Single by Clarence Garlow
- B-side: "In a Boogie Mood"
- Released: 1950
- Recorded: Houston, Texas, 1949
- Genre: Blues, zydeco
- Length: 3:19
- Label: Macy's
- Songwriter: Clarence Garlow

Clarence Garlow singles chronology
| "She's So Fine" (1950) | "Bon Ton Roula" (1950) | "Bound to Lose My Mind" (1950) |

= Bon Ton Roula =

Song written by Clarenece Garlow

"Bon Ton Roula" (alternatively "Bon Ton Roulet") is a zydeco-influenced blues song first recorded by Clarence Garlow in 1949. The following year, it became a hit, reaching number seven in Billboard magazine's Rhythm & Blues chart and introduced the style to a national audience.

==Background==
"Bon ton roula" (pronounced "bahn tahn roolay") is a phonetical approximation of "bons temps rouler", Louisiana Creole French for "good times roll" as in "Laissez les bons temps rouler" or "Let the good times roll", a regional invitation to join in a festive celebration. A song with a similar theme, "Let the Good Times Roll", was recorded by Louis Jordan in 1946, that became a R&B chart hit.

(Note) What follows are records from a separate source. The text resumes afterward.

-- ===== src/Nodes/Laws.antt =====
-- What `get_idle_client` may do to the nodes.
use zkm_prover.Base.{
  ℕ, zero, suc, ◌≡◌, refl, ap, ◌∙◌, sym, ◌≢◌, inl, inr, String, Bool, true, false, ◌||◌, Option,
  none, some, some_injective, List, [], ◌∷◌, if◌then◌else◌, get_elem?, set, Bool-cases,
  Option-cases, arith, subst, ◌==◌, ==_iff,
}
use zkm_prover.Nodes.{
  busy, off_line, ProverNode, is_skipped, take_node, get_idle_client, keeps_client,
}

-- A node that another call holds.
abbrev pub is_busy : Option ProverNode → Bool
is_busy none = false
is_busy (some node) = elim node.status [ busy ↦ true | _ ↦ false ]

get_elem?-set {ℓ} :
    {A : Type ℓ} (xs : List A) (i j : ℕ) (x v : A)
    → get_elem? xs i ≡ some x
    → get_elem? (set xs i v) j ≡ (if i == j then some v else get_elem? xs j)
get_elem?-set [] i j x v h = cc
get_elem?-set (y ∷ xs) zero zero x v h = refl
get_elem?-set (y ∷ xs) zero (suc j) x v h = ground arith
get_elem?-set (y ∷ xs) (suc i) zero x v h = ground arith
get_elem?-set (y ∷ xs) (suc i) (suc j) x v h =
    get_elem?-set xs i j x v h
    ∙ ap (λ (b : Bool). if b then some v else get_elem? xs j) (ground arith)

busy-is_skipped :
    (now : ℕ) (node : ProverNode) → is_busy (some node) ≡ true → is_skipped now node.status ≡ true
busy-is_skipped now node h = ground arith

module _ (now : ℕ) (reachable : String → Bool) where
  idle_skip :
      (i : ℕ) (order : List ℕ) (nodes : List ProverNode) (node : ProverNode)
      → get_elem? nodes i ≡ some node
      → is_skipped now node.status ≡ true
      → get_idle_client now reachable (i ∷ order) nodes ≡ get_idle_client now reachable order nodes
  unfolding get_idle_client
  idle_skip i order nodes node e skipped = ground arith

  idle_missing :
      (i : ℕ) (order : List ℕ) (nodes : List ProverNode)
      → get_elem? nodes i ≡ none
      → get_idle_client now reachable (i ∷ order) nodes ≡ get_idle_client now reachable order nodes
  unfolding get_idle_client
  idle_missing i order nodes e = ground arith

  -- A node that is not skipped is held, or turns out to be off line.
  data Visit (i : ℕ) (order : List ℕ) (nodes : List ProverNode) (node : ProverNode) : Type 0 where
    holds :
        (taken : ProverNode)
        → get_idle_client now reachable (i ∷ order) nodes ≡ (set nodes i taken, some i)
        → taken ≡ record node { has_client = true; status = busy }
        → Visit i order nodes node
    loses :
        (lost : ProverNode)
        → get_idle_client now reachable (i ∷ order) nodes
          ≡ get_idle_client now reachable order (set nodes i lost)
        → lost.status ≡ off_line now
        → Visit i order nodes node

  visit :
      (i : ℕ) (order : List ℕ) (nodes : List ProverNode) (node : ProverNode)
      → get_elem? nodes i ≡ some node
      → is_skipped now node.status ≡ false
      → Visit i order nodes node
  unfolding get_idle_client take_node
  visit i order nodes node e open_node =
      elim (Bool-cases (keeps_client node.status node.has_client || reachable node.addr)) [
        | inl up ↦ holds (record node { has_client = true; status = busy }) (ground arith) refl
        | inr down ↦
            loses (record node { has_client = false; status = off_line now }) (ground arith) refl
      ]

  -- A busy node is left alone, and is not the one that is found.
  abbrev pub Spares : List ProverNode → List ProverNode × Option ℕ → ℕ → Type 0
  Spares nodes r j = (get_elem? r.0 j ≡ get_elem? nodes j) × (r.1 ≢ some j)

  open_ne_busy :
      (i j : ℕ) (nodes : List ProverNode) (node : ProverNode)
      → get_elem? nodes i ≡ some node
      → is_skipped now node.status ≡ false
      → is_busy (get_elem? nodes j) ≡ true
      → (i == j) ≡ false
  open_ne_busy i j nodes node e open_node b = elim (Bool-cases (i == j)) [
    | inl same ↦ cc (
        sym open_node
        ∙ busy-is_skipped now node (
            subst (λ o. is_busy o ≡ true) (sym (ap (get_elem? nodes) ((==_iff i j).0 same)) ∙ e) b))
    | inr other ↦ other
  ]

  -- A node that is busy is left as it is by get_idle_client, and is not the one that is found.
  pub get_idle_client-Spares :
      (order : List ℕ) (nodes : List ProverNode) (j : ℕ)
      → is_busy (get_elem? nodes j) ≡ true
      → Spares nodes (get_idle_client now reachable order nodes) j
  get_idle_client-Spares [] nodes j b = unfold get_idle_client in (refl, λ e. cc)
  get_idle_client-Spares (i ∷ order) nodes j b = elim (Option-cases (get_elem? nodes i)) [
    | inl missing ↦ rw (idle_missing i order nodes missing) (get_idle_client-Spares order nodes j b)
    | inr (node, e) ↦ elim (Bool-cases (is_skipped now node.status)) [
      | inl skipped ↦
          rw (idle_skip i order nodes node e skipped) (get_idle_client-Spares order nodes j b)
      | inr open_node ↦
          let ne : (i == j) ≡ false = open_ne_busy i j nodes node e open_node b in
          elim (visit i order nodes node e open_node) [
            | holds taken r t ↦ rw r (
              get_elem?-set nodes i j node taken e ∙ rw ne,
              λ f. ground (arith, some_injective f),
            )
            | loses lost r t ↦
                let same : get_elem? (set nodes i lost) j ≡ get_elem? nodes j =
                  get_elem?-set nodes i j node lost e ∙ rw ne in
                let (kept, other) = get_idle_client-Spares order (set nodes i lost) j (rw same b) in
                rw r (kept ∙ same, other)
          ]
    ]
  ]

  -- The node that is found was not to be skipped, and is busy and connected now.
  abbrev pub Held : List ProverNode → List ProverNode → ℕ → Type 0
  Held nodes nodes' i =
      (node : ProverNode) × (get_elem? nodes i ≡ some node)
      × (is_skipped now node.status ≡ false)
      × (get_elem? nodes' i ≡ some (record node { has_client = true; status = busy }))

  lost-is_skipped :
      (lost : ProverNode) → lost.status ≡ off_line now → is_skipped now lost.status ≡ true
  lost-is_skipped lost e = rw e (ground arith)

  -- A node that was lost on the way is not the one that is found in the end.
  Held-past :
      (i j : ℕ) (nodes nodes' : List ProverNode) (node lost : ProverNode)
      → get_elem? nodes i ≡ some node
      → lost.status ≡ off_line now
      → Held (set nodes i lost) nodes' j
      → Held nodes nodes' j
  Held-past i j nodes nodes' node lost e gone (found, at, ready, now_held) =
      elim (Bool-cases (i == j)) [
        | inl same ↦
            let lost_there : get_elem? (set nodes i lost) j ≡ some lost =
              get_elem?-set nodes i j node lost e ∙ rw same in
            let is_lost : lost ≡ found = some_injective (sym lost_there ∙ at) in
            cc (
              sym ready
              ∙ ap (λ (n : ProverNode). is_skipped now n.status) (sym is_lost)
              ∙ lost-is_skipped lost gone)
        | inr other ↦
            (found, sym (get_elem?-set nodes i j node lost e ∙ rw other) ∙ at, ready, now_held)
      ]

  -- The node that get_idle_client finds was idle or out of quarantine, and is busy and connected
  -- now.
  pub get_idle_client-Held :
      (order : List ℕ) (nodes : List ProverNode) (j : ℕ)
      → (get_idle_client now reachable order nodes).1 ≡ some j
      → Held nodes (get_idle_client now reachable order nodes).0 j
  get_idle_client-Held [] nodes j f = unfold get_idle_client in cc f
  get_idle_client-Held (i ∷ order) nodes j f = elim (Option-cases (get_elem? nodes i)) [
    | inl missing ↦
        let r = idle_missing i order nodes missing in
        rw r (get_idle_client-Held order nodes j (rw r at f))
    | inr (node, e) ↦ elim (Bool-cases (is_skipped now node.status)) [
      | inl skipped ↦
          let r = idle_skip i order nodes node e skipped in
          rw r (get_idle_client-Held order nodes j (rw r at f))
      | inr open_node ↦ elim (visit i order nodes node e open_node) [
        | holds taken r t ↦ rw r (
            subst (Held nodes (set nodes i taken)) (some_injective (rw r at f)) (
              node,
              e,
              open_node,
              get_elem?-set nodes i i node taken e ∙ rw ((==_iff i i).1 refl) (ap some t),
            ))
        | loses lost r t ↦ rw r (
            Held-past i j nodes _ node lost e t
              (get_idle_client-Held order (set nodes i lost) j (rw r at f)))
      ]
    ]
  ]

==Composition and lyrics==
In 1949, Garlow recorded "Bon Ton Roula", using a different arrangement and lyrics. The song was recorded as a sixteen-bar blues with "an insistent, swirling rhumba rhythm". Singer and music writer Billy Vera commented on the song's lyrics: "The song featured some of the same kind of broken Cajun-isms as Hank Williams's 'Jambalaya'":

Eh toi ...
You see me there, well I ain't no fool
I'm one smart Frenchman never been to school
Wanna get somewhere in a Creole town
You stop and let me show you your way 'round
You let the bon ton roula, you let the moolay boolay
Now don't you be no fool-ay, you let the bon ton roula

The song's success prompted Garlow to record subsequent renditions. A newer version with singer Emma Dell Lee titled "New Bon Ton Roola" was released on Feature Records and in 1953, he recorded a version with the Maxwell Davis Orchestra for Aladdin Records, titled "New Bon Ton Roulay". The song retains most of the elements of the original song, but some new lyrics are added and the arrangement does not include a progression to the IV chord.

==Legacy==
"Bon Ton Roula" (with a variety of spellings) has been recorded by several artists often associated with Louisiana music, including Bo Dollis and the Wild Magnolias, Phillip Walker, and BeauSoleil. Blues-rocker Johnny Winter, a native of Garlow's adopted home of Beaumont, Texas, also recorded a version for his Raisin' Cain album in 1980.

A "Bon Ton Roulet" credited to Clifton Chenier was recorded in 1967 and released as the title track of his album Bon Ton Roulet, on Arhoolie Records. Producer Chris Strachwitz notes "You will perhaps recognize the song as 'Let the Good Times Roll', which in recent years has become an R&B standard".